From Pixels to Pores: Automated Vug Detection in Carbonate Reservoirs

A computer vision pipeline achieved 2,000× finer granularity than manual interpretation, recovering vugs missed by experts and delivering per-vug geometry at 0.1 m resolution across 200+ m of Middle East carbonate borehole image logs.

Tannistha Maitiby Tannistha Maiti
Case study

A global energy operator in the Middle East replaced zone-level manual vug picking with an AI-native computer vision pipeline that quantifies individual vugs — area, circularity, azimuth — at 0.1 m resolution across 200+ m of carbonate borehole image logs, recovering secondary porosity features experts missed and turning qualitative interpretation into structured reservoir geometry.

At a glance

Three metrics frame the shift from manual zone-level picking to automated contour-level quantification.

0.1 m intervals
2,000× finer than manual

Depth resolution

4+ intervals
across 2 wells

Missed vugs recovered

2–3 of 10+
ΔL, Δμ, block size

Parameters retuned per new well

The challenge

Carbonate reservoirs store hydrocarbons in fractures, vugs, and inter-crystalline pores — a heterogeneity that matrix-porosity models alone cannot resolve.
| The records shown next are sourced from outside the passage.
-- ===== src/Raft/Complete/Nodes.antt =====
-- What a step does to one node: to the terms in its log, to what it held, and to its candidacy.
use raft_implementation.Prelude.{
  ℕ, ◌+◌, ◌<◌, ◌≤◌, ◌≡◌, ◌≢◌, ◌⊎◌, inl, inr, sym, ap, ◌∙◌, subst, String, some, arith, Bool-cases,
  ltb, ltb→lt, ltb→le,
}
use raft_implementation.Raft.Log.{Log, LogEntry, get, last_index}
use raft_implementation.Raft.Rpc.{AppendEntriesArgs}
use raft_implementation.Raft.Node.{RaftNode, candidate, leader}
use raft_implementation.Raft.Replication.{
  yield_to_leader, append_checked, accept_entries, greeted, handle_append_entries,
}
use raft_implementation.Raft.Matching.{Book}
use raft_implementation.Raft.Matching.Logs.{AreSame, IsGood, IsHonest, IsCopied, Grows, Grows-refl}
use raft_implementation.Raft.Matching.Nodes.{Follows, IsElected}
use raft_implementation.Raft.Matching.Deliver.{IsCut, handled-IsGood, handled_empty}
use raft_implementation.Raft.Complete.{Kept, TermsUpTo}
use raft_implementation.Raft.Complete.Kept.{Kept-AreSame}
use raft_implementation.Raft.Complete.Logs.{TermsUpTo-AreSame, TermsUpTo-later, cut-Kept}

pub record Passes (book book' : Book) (n m : RaftNode) : Type 0 where
  pub older : n.current_term ≤ m.current_term
  pub aged : TermsUpTo n.log n.current_term → TermsUpTo m.log m.current_term
  pub zeroth : (get n.log 0).term ≡ 0 → (get m.log 0).term ≡ 0
  pub kept :
      (t x : ℕ)
      → t ≤ n.current_term
      → Kept book t x n.current_term n.log
      → Kept book' t x m.current_term m.log
  pub bids :
      m.state ≡ candidate
      → ((n.state ≡ candidate) × (m.current_term ≡ n.current_term) × (m.log ≡ n.log))
        ⊎ (n.current_term < m.current_term)

AreSame-self : (l m : Log) (x : ℕ) → m ≡ l → x ≤ last_index l → AreSame m l x
AreSame-self l m x same low = record {
  within = subst (λ y. x ≤ last_index y) (sym same) low;
  within' = low;
  reads = λ k a b. ap (λ y. get y k) same;
}

module _ (book book' : Book) (grows : Grows book book') where
  same_log-Passes :
      (n m : RaftNode)
      → n.current_term ≤ m.current_term
      → m.log ≡ n.log
      → (m.state ≡ candidate
          → ((n.state ≡ candidate) × (m.current_term ≡ n.current_term))
            ⊎ (n.current_term < m.current_term))
      → Passes book book' n m
  same_log-Passes n m older same bids = record {
    older = older;
    aged =
        λ h. subst (λ l. TermsUpTo l m.current_term) (sym same) (TermsUpTo-later n.log _ _ older h);
    zeroth = subst (λ l. (get l 0).term ≡ 0) (sym same);
    kept = λ t x low.
        Kept-AreSame book book' grows t x _ _ n.log m.log older (AreSame-self n.log m.log x same);
    bids = λ e. elim (bids e) [ inl (was, term) ↦ inl (was, term, same) | inr more ↦ inr more ];
  }

  pub Follows-Passes : (n m : RaftNode) → Follows n m → Passes book book' n m
  Follows-Passes n m f = same_log-Passes n m f.ages.term_grows f.same_log f.ages.candidacy

  pub IsElected-Passes : (n m : RaftNode) → IsElected n m → Passes book book' n m
  IsElected-Passes n m w =
      let leads = w.leads in
      same_log-Passes n m (omega (arith, w.same_term)) w.same_log (λ e. absurd (ground arith))

  -- A leader that takes a command.
  pub longer-Passes :
      (n m : RaftNode)
      → m.state ≡ leader
      → m.current_term ≡ n.current_term
      → AreSame n.log m.log (last_index n.log)
      → get n.log 0 ≡ get m.log 0
      → last_index m.log ≡ last_index n.log + 1
      → (get m.log (last_index n.log + 1)).term ≡ n.current_term
      → Passes book book' n m
  longer-Passes n m leads term like zeroth ends new = record {
    older = omega (arith, term);
    aged = λ h k a b. elim (Bool-cases (ltb (last_index n.log) k)) [
      | inr old ↦
          let low = ltb→le (last_index n.log) k old in
          subst (λ (e : LogEntry). e.term ≤ m.current_term) (like.reads k a low)
            (omega (arith, h k a low, term))
      | inl above ↦
          let this : k ≡ last_index n.log + 1 = omega (arith, ltb→lt (last_index n.log) k above) in
          subst (λ j. (get m.log j).term ≤ m.current_term) (sym this) (omega (arith, new, term))
    ];
    zeroth = subst (λ (e : LogEntry). e.term ≡ 0) zeroth;
    kept = λ t x low.
        Kept-AreSame book book' grows t x _ _ n.log m.log (omega (arith, term)) (λ in_n. record {
          within = omega (arith, ends);
          within' = in_n;
          reads = λ k a b. sym (like.reads k a (omega arith));
        });
    bids = λ e. absurd (ground arith);
  }

pub append_checked_frame :
    (args : AppendEntriesArgs) (k : RaftNode)
    → ((append_checked args k).0.current_term ≡ k.current_term)
      × ((append_checked args k).0.state ≡ k.state)
unfolding append_checked accept_entries
append_checked_frame args k = ground arith

-- A message that changes a log is of the receiver's term by then, and its receiver no candidate.
handled_current :
    (now : ℕ) (args : AppendEntriesArgs) (n : RaftNode)
    → let m = (handle_append_entries now args n).0 in
      (m.log ≡ n.log)
      ⊎ ((m.current_term ≡ args.term) × (n.current_term ≤ args.term) × (m.state ≢ candidate))
unfolding handle_append_entries yield_to_leader
handled_current now args n =
    let frame = append_checked_frame args (greeted now args (yield_to_leader args.term n)) in
    ground arith

-- A message that arrives.
module _ (book : Book) (now : ℕ) (args : AppendEntriesArgs) (n : RaftNode) where
  abbrev after : RaftNode
  after = (handle_append_entries now args n).0

  cut-Passes :
      (c : IsCopied book args)
      → TermsUpTo c.its_log args.term
      → after.current_term ≡ args.term
      → n.current_term ≤ args.term
      → after.state ≢ candidate
      → IsCut n.log c.its_log after.log
      → Passes book book n after
  cut-Passes c booked term low settled cut = record {
    older = omega (arith, term);
    aged = λ h. TermsUpTo-AreSame c.its_log after.log _ cut.same (rw term booked);
    zeroth = subst (λ (e : LogEntry). e.term ≡ 0) (sym (cut.before 0 (omega arith)));
    kept = λ t x old h.
        cut-Kept book n.log after.log c.its_log cut t x n.current_term after.current_term c.by
          (omega (arith, term)) (omega (arith, term)) (ap book term ∙ c.listed) h;
    bids = λ e. absurd (settled e);
  }

  pub arrival-Passes :
      n.current_term ≤ after.current_term
      → (after.state ≡ candidate → (n.state ≡ candidate) × (after.current_term ≡ n.current_term))
      → IsGood book n.log
      → IsHonest book args
      → ((by : String) (l : Log)
          → book args.term ≡ some (by, l)
          → IsGood book l × TermsUpTo l args.term)
      → Passes book book n after
  arrival-Passes older bids good honest listed =
      let same_log : after.log ≡ n.log → Passes book book n after = λ same.
        same_log-Passes book book (Grows-refl book) n after older same (λ e. inl (bids e)) in
      elim honest [
        | inl none_sent ↦ same_log (handled_empty now args n none_sent)
        | inr c ↦
            let (its_good, booked) = listed c.by c.its_log c.listed in
            elim (handled-IsGood book now args n c good its_good) [
              | inl same ↦ same_log same
              | inr (_, cut) ↦ elim (handled_current now args n) [
                | inl same ↦ same_log same
                | inr (term, low, settled) ↦ cut-Passes c booked term low settled cut
              ]
            ]
      ]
Secondary porosity — the voids created by dissolution, dolomitization, or karst processes — often controls flow capacity and sweep efficiency, yet traditional manual interpretation from borehole image logs captures only zone-level averages.

The operator's petrophysicists were working with FMI and CMI static logs spanning over 200 m per well in an Oman carbonate field. Manual picking in WellCAD yielded porosity percentages for broad intervals but missed individual vug geometry: size, shape, azimuthal distribution, and vertical clustering. The logs held the signal — dark resistivity anomalies marking fluid-filled voids — but human interpretation was fundamentally limited by pixel-scale resolution, tool variability (FMI depth of investigation ~30 inches vs. CMI ~0.90 inches), and the sheer repetitive effort required to trace thousands of contours.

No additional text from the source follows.